Another thing I might add is consistency. Facebook's platform started losing the interest of developers not when it dialed down its distribution mechanisms, but when it started selectively enforcing its rules and instituting top-down policy changes to curb what it considered "bad behavior."

On top of that these rules were not always broadcast well, so developers often violated them without knowing it. It'd be like Congress changing the law but telling nobody, and then prosecuting you for breaking that law.

Slide itself was a victim of this when Facebook took down Top Friends.

An inconsistent platform, from either a technical or policy perspective, dramatically increases the risk of developing on that platform.

Jeffrey McManus

Great post, Dave -- and as a bonus, the lack of red font and profanity ensured that I didn't burn out my innocent retinas this time. Kudos! :)

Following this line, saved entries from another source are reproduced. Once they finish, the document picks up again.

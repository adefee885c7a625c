-- ===== src/WebClient/Messages/Permitted/Actions.antt =====
-- rtpconn/webclient.go: what group actions and user actions need.
use galene.Base.{
  double_negation, ◌≡◌, refl, sym, Bool, true, false, not, ◌&&◌, ◌||◌, Option, none, some, List, [],
  ◌∷◌, Text, same, bytes,
}
use mathlib.Core.Path.{subst}
use galene.Base.Json.{Json, Fields, as_text, as_object, at_key}
use galene.Base.Results.{Result, ok, err}
use galene.Tokens.{Stateful}
use galene.WebClient.{
  blank, WebClient, ClientMessage, Failure, Member, web, disk, whip, Environment, has, put_token,
  lock_group, stop_recording,
}
use galene.WebClient.Connections.{is_blank}
use galene.WebClient.Messages.Groups.{
  token_error, token_updated, has_all, is_given, is_taken, issued, token_made, or_old, token_found,
  token_edited, tokens_listed, clear_chat, clear_object, edits_fixed, is_null, disk_made, data_set,
  handle_group_action, parse_stateful_token, id_of,
}
use galene.WebClient.Messages.Users.{
  is_permission_change, change_member, identify, kick_member, set_own_data, handle_user_action,
}
use galene.WebClient.Messages.Permitted.{
  permitted, reveals, issues, is_own_group, Allowed, Allowed-branch, written-Allowed,
  write_last-Allowed, report-Allowed, refuse-Allowed,
}

or_true : (b : Bool) → (b || true) ≡ true
or_true true = refl
or_true false = refl

own_group :
    (o : Option Text) (g group : Text)
    → o ≡ some g
    → same group g ≡ true
    → is_own_group o group ≡ true
own_group none g group q h = cc
own_group (some f) g group q h = subst (λ o. is_own_group o group ≡ true) (sym q) h

-- The tests on a new token, as one.
all_tests :
    (g b x u p : Bool)
    → g ≡ true
    → b ≡ false
    → x ≡ true
    → u ≡ false
    → p ≡ true
    → (g && (not b && (x && (not u && (p && true))))) ≡ true
all_tests g b x u p h1 h2 h3 h4 h5 = rw (h1, h2, h3, h4, h5) refl

either_way : (a b i : Bool) → a ≡ true → i ≡ true → (a && (b || i)) ≡ true
either_way a true i h k = rw h refl
either_way a false i h k = rw (h, k) refl

both_parts : (a b i : Bool) → (b && a) ≡ true → (a && (b || i)) ≡ true
both_parts true true i h = refl
both_parts true false i h = cc
both_parts false true i h = cc
both_parts false false i h = cc

second_part : (a b : Bool) → (a && b) ≡ true → b ≡ true
second_part true b h = h
second_part false b h = cc

module _ (e : Environment) (c : WebClient) where
  token_error-Allowed :
      (kind error t : Text)
      → reveals c (record blank { type = bytes "usermessage"; kind = kind; error = error }) ≡ true
      → Allowed e c (token_error e c kind error t).effects
  token_error-Allowed kind error t r = write_last-Allowed e c c [] _ tt r

  wrong_token : (t : Text) → Allowed e c (token_error e c (bytes "token") (bytes "error") t).effects
  wrong_token t = token_error-Allowed (bytes "token") (bytes "error") t refl

  token_updated-Allowed :
      (t : Stateful) (tag : Text) (r : Result Text Stateful)
      → permitted e c (put_token t tag) ≡ true
      → has c (bytes "token") ≡ true
      → Allowed e c (token_updated e c t tag r).effects
  token_updated-Allowed t tag (err m) h k = (h, wrong_token m)
  token_updated-Allowed t tag (ok new) h k = (h, written-Allowed e c _ k)

  token_made-Allowed :
      (g : Text) (r : Result Text (Stateful × Bool))
      → c.group ≡ some g
      → has c (bytes "token") ≡ true
      → Allowed e c (token_made e c g r).effects
  unfolding permitted issues
  token_made-Allowed g (err m) q h = wrong_token m
  token_made-Allowed g (ok (t, given)) q h =
      let wrong = λ (m : Text). wrong_token m in
      Allowed-branch e c (not (is_blank t.token)) _ _ (λ _. wrong _)
        (λ h1.
          Allowed-branch e c (not (same t.group g)) _ _ (λ _. wrong _)
            (λ h2.
              Allowed-branch e c t.include_subgroups _ _ (λ _. wrong _)
                (λ h3.
                  Allowed-branch e c (not (is_given t.expires)) _ _ (λ _. wrong _)
                    (λ h4.
                      Allowed-branch e c (is_taken e t.username) _ _ (λ _. wrong _)
                        (λ h5.
                          Allowed-branch e c (not (has_all c t.permissions)) _ _
                            (λ _.
                              token_error-Allowed (bytes "token") (bytes "not-authorised") _ refl)
                            (λ h6.
                              token_updated-Allowed (issued e c t) []
                                (e.update_token (issued e c t) [])
                                (either_way (has c (bytes "token")) (has c (bytes "op")) _ h (
                                  all_tests _ t.include_subgroups _ (is_taken e t.username) _
                                    (own_group c.group g t.group q
                                      (double_negation (same t.group g) h2))
                                    h3 (double_negation (is_given t.expires) h4) h5
                                    (double_negation (has_all c t.permissions) h6)))
                                h))))))

  token_found-Allowed :
      (t : Stateful) (r : Result Text (Stateful × Text))
      → (has c (bytes "op") && has c (bytes "token")) ≡ true
      → Allowed e c (token_found e c t r).effects
  unfolding permitted
  token_found-Allowed t (err m) h = wrong_token m
  token_found-Allowed t (ok (old, tag)) h =
      let new : Stateful = record old {
        expires = or_old t.expires old.expires;
        not_before = or_old t.not_before old.not_before;
      } in
      token_updated-Allowed new tag (e.update_token new tag)
        (both_parts (has c (bytes "token")) (has c (bytes "op")) _ h)
        (second_part (has c (bytes "op")) (has c (bytes "token")) h)

  token_edited-Allowed :
      (r : Result Text (Stateful × Bool))
      → (has c (bytes "op") && has c (bytes "token")) ≡ true
      → Allowed e c (token_edited e c r).effects
  token_edited-Allowed (err m) h = wrong_token m
  token_edited-Allowed (ok (t, given)) h =
      Allowed-branch e c (edits_fixed t given) _ _
        (λ _. wrong_token (bytes "this field cannot be edited"))
        (λ _. token_found-Allowed t (e.get_token t.token) h)

  tokens_listed-Allowed :
      (r : Result Text (List Stateful))
      → (has c (bytes "op") && has c (bytes "token")) ≡ true
      → Allowed e c (tokens_listed e c r).effects
  tokens_listed-Allowed (err m) h = token_error-Allowed (bytes "tokenlist") (bytes "error") m refl
  tokens_listed-Allowed (ok ts) h = written-Allowed e c _ h

  clear_chat-Allowed :
      (v : Json) (id user_id : Text)
      → has c (bytes "op") ≡ true
      → Allowed e c (clear_chat c v id user_id).effects
  unfolding permitted
  clear_chat-Allowed v id user_id h = (h, (rw h (or_true _), tt))

  clear_object-Allowed :
      (v : Json) (o : Option Fields)
      → has c (bytes "op") ≡ true
      → Allowed e c (clear_object e c v o).effects
  clear_object-Allowed v none h = refuse-Allowed e c _
  clear_object-Allowed v (some o) h =
      let id = id_of (as_text (at_key (bytes "id") o)) in
      let user_id = id_of (as_text (at_key (bytes "userId") o)) in
      Allowed-branch e c (is_blank user_id && not (is_blank id)) _ _
        (λ _. refuse-Allowed e c (bytes "bad value in clearchat"))
        (λ _. clear_chat-Allowed v id user_id h)

  disk_made-Allowed :
      (f : Option Failure) → has c (bytes "record") ≡ true → Allowed e c (disk_made e c f).effects
  unfolding permitted
  disk_made-Allowed (some f) h = report-Allowed e c c [] f tt
  disk_made-Allowed none h = (h, tt)

  data_set-Allowed :
      (o : Option Fields) → has c (bytes "op") ≡ true → Allowed e c (data_set e c o).effects
  unfolding permitted
  data_set-Allowed none h = refuse-Allowed e c _
  data_set-Allowed (some o) h = (h, tt)

  change_member-Allowed :
      (m : ClientMessage) (d : Option Member)
      → has c (bytes "op") ≡ true
      → Allowed e c (change_member e c m d).effects
  unfolding permitted
  change_member-Allowed m none h = refuse-Allowed e c _
  change_member-Allowed m (some disk) h = refuse-Allowed e c _
  change_member-Allowed m (some (whip n)) h = refuse-Allowed e c _
  change_member-Allowed m (some (web n)) h = (h, tt)

  identify-Allowed :
      (m : ClientMessage) (d : Option Member)
      → has c (bytes "op") ≡ true
      → Allowed e c (identify e c m d).effects
  unfolding permitted
  identify-Allowed m none h = refuse-Allowed e c _
  identify-Allowed m (some disk) h = written-Allowed e c _ h
  identify-Allowed m (some (whip n)) h = written-Allowed e c _ h
  identify-Allowed m (some (web n)) h = (h, written-Allowed e c _ h)

  kick_member-Allowed :
      (m : ClientMessage) (d : Option Member)
      → has c (bytes "op") ≡ true
      → Allowed e c (kick_member e c m d).effects
  unfolding permitted
  kick_member-Allowed m none h = refuse-Allowed e c _
  kick_member-Allowed m (some d) h = (h, tt)

  set_own_data-Allowed : (o : Option Fields) → Allowed e c (set_own_data e c o).effects
  unfolding permitted
  set_own_data-Allowed none = refuse-Allowed e c _
  set_own_data-Allowed (some o) = (refl, tt)

  lock-Allowed :
      (m : ClientMessage)
      → has c (bytes "op") ≡ true
      → Allowed e c (lock_group (same m.kind (bytes "lock")) (id_of (as_text m.value)) ∷ [])
  unfolding permitted
  lock-Allowed m h = (h, tt)

  unrecord-Allowed : has c (bytes "record") ≡ true → Allowed e c (stop_recording ∷ [])
  unfolding permitted
  unrecord-Allowed h = (h, tt)

  pub handle_group_action-Allowed :
      (m : ClientMessage) (g : Text)
      → c.group ≡ some g
      → Allowed e c (handle_group_action e c m g).effects
  unfolding handle_group_action
  handle_group_action-Allowed m g q =
      let denied = refuse-Allowed e c (bytes "not authorised") in
      let no_token =
        token_error-Allowed (bytes "token") (bytes "not-authorised") (bytes "not authorised")
          refl in
      let op = has c (bytes "op") in
      let both = has c (bytes "op") && has c (bytes "token") in
      Allowed-branch e c (same m.kind (bytes "clearchat")) _ _
        (λ _.
          Allowed-branch e c (not op) _ _ (λ _. denied)
            (λ h.
              Allowed-branch e c (is_null m.value) _ _
                (λ _. clear_chat-Allowed m.value [] [] (double_negation op h))
                (λ _. clear_object-Allowed m.value (as_object m.value) (double_negation op h))))
        (λ _.
          Allowed-branch e c (same m.kind (bytes "lock") || same m.kind (bytes "unlock")) _ _
            (λ _.
              Allowed-branch e c (not op) _ _ (λ _. denied)
                (λ h. lock-Allowed m (double_negation op h)))
            (λ _.
              Allowed-branch e c (same m.kind (bytes "record")) _ _
                (λ _.
                  Allowed-branch e c (not (has c (bytes "record"))) _ _ (λ _. denied)
                    (λ h.
                      Allowed-branch e c e.recording _ _
                        (λ _. refuse-Allowed e c (bytes "already recording"))
                        (λ _.
                          disk_made-Allowed e.new_disk
                            (double_negation (has c (bytes "record")) h))))
                (λ _.
                  Allowed-branch e c (same m.kind (bytes "unrecord")) _ _
                    (λ _.
                      Allowed-branch e c (not (has c (bytes "record"))) _ _ (λ _. denied)
                        (λ h. unrecord-Allowed (double_negation (has c (bytes "record")) h)))
                    (λ _.
                      Allowed-branch e c (same m.kind (bytes "subgroups")) _ _
                        (λ _.
                          Allowed-branch e c (not op) _ _ (λ _. denied)
                            (λ h. written-Allowed e c _ (double_negation op h)))
                        (λ _.
                          Allowed-branch e c (same m.kind (bytes "setdata")) _ _
                            (λ _.
                              Allowed-branch e c (not op) _ _ (λ _. denied)
                                (λ h. data_set-Allowed (as_object m.value) (double_negation op h)))
                            (λ _.
                              Allowed-branch e c (same m.kind (bytes "maketoken")) _ _
                                (λ _.
                                  Allowed-branch e c (not (has c (bytes "token"))) _ _
                                    (λ _. no_token)
                                    (λ h.
                                      token_made-Allowed g (parse_stateful_token e m.value) q
                                        (double_negation (has c (bytes "token")) h)))
                                (λ _.
                                  Allowed-branch e c (same m.kind (bytes "edittoken")) _ _
                                    (λ _.
                                      Allowed-branch e c (not both) _ _ (λ _. no_token)
                                        (λ h.
                                          token_edited-Allowed (parse_stateful_token e m.value)
                                            (double_negation both h)))
                                    (λ _.
                                      Allowed-branch e c (same m.kind (bytes "listtokens")) _ _
                                        (λ _.
                                          Allowed-branch e c (not both) _ _
                                            (λ _.
                                              token_error-Allowed (bytes "tokenlist")
                                                (bytes "not-authorised") (bytes "not authorised")
                                                refl)
                                            (λ h.
                                              tokens_listed-Allowed (e.list_tokens g)
                                                (double_negation both h)))
                                        (λ _. tt)))))))))

  pub handle_user_action-Allowed :
      (m : ClientMessage) → Allowed e c (handle_user_action e c m).effects
  unfolding handle_user_action
  handle_user_action-Allowed m =
      let denied = refuse-Allowed e c (bytes "not authorised") in
      let op = has c (bytes "op") in
      Allowed-branch e c (is_permission_change m.kind) _ _
        (λ _.
          Allowed-branch e c (not op) _ _ (λ _. denied)
            (λ h. change_member-Allowed m (e.member m.dest) (double_negation op h)))
        (λ _.
          Allowed-branch e c (same m.kind (bytes "identify")) _ _
            (λ _.
              Allowed-branch e c (not op) _ _ (λ _. denied)
                (λ h. identify-Allowed m (e.member m.dest) (double_negation op h)))
            (λ _.
              Allowed-branch e c (same m.kind (bytes "kick")) _ _
                (λ _.
                  Allowed-branch e c (not op) _ _ (λ _. denied)
                    (λ h. kick_member-Allowed m (e.member m.dest) (double_negation op h)))
                (λ _.
                  Allowed-branch e c (same m.kind (bytes "setdata")) _ _
                    (λ _.
                      Allowed-branch e c (not (same m.dest c.id)) _ _ (λ _. denied)
                        (λ _. set_own_data-Allowed (as_object m.value)))
                    (λ _. tt))))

I don't think that Facebook payments is going to change the game for them. It's not like it's impossible to pay for Facebook apps today, so an in-house payment system isn't going to address the real pain point. For a data point in how users are reacting to paid apps, see what's going on right now with Packrat. Users don't like paying for Facebook apps any more than they like paying for apps on the rest of the web.

When we talk about the monetization angle with our consulting clients, we talk about keeping your business in alignment with your platform. This covers both distribution and monetization. Yahoo has never done this well (it's one of the final battles I attempted to fight just before I left there) and they still don't seem to have a plan to make it happen.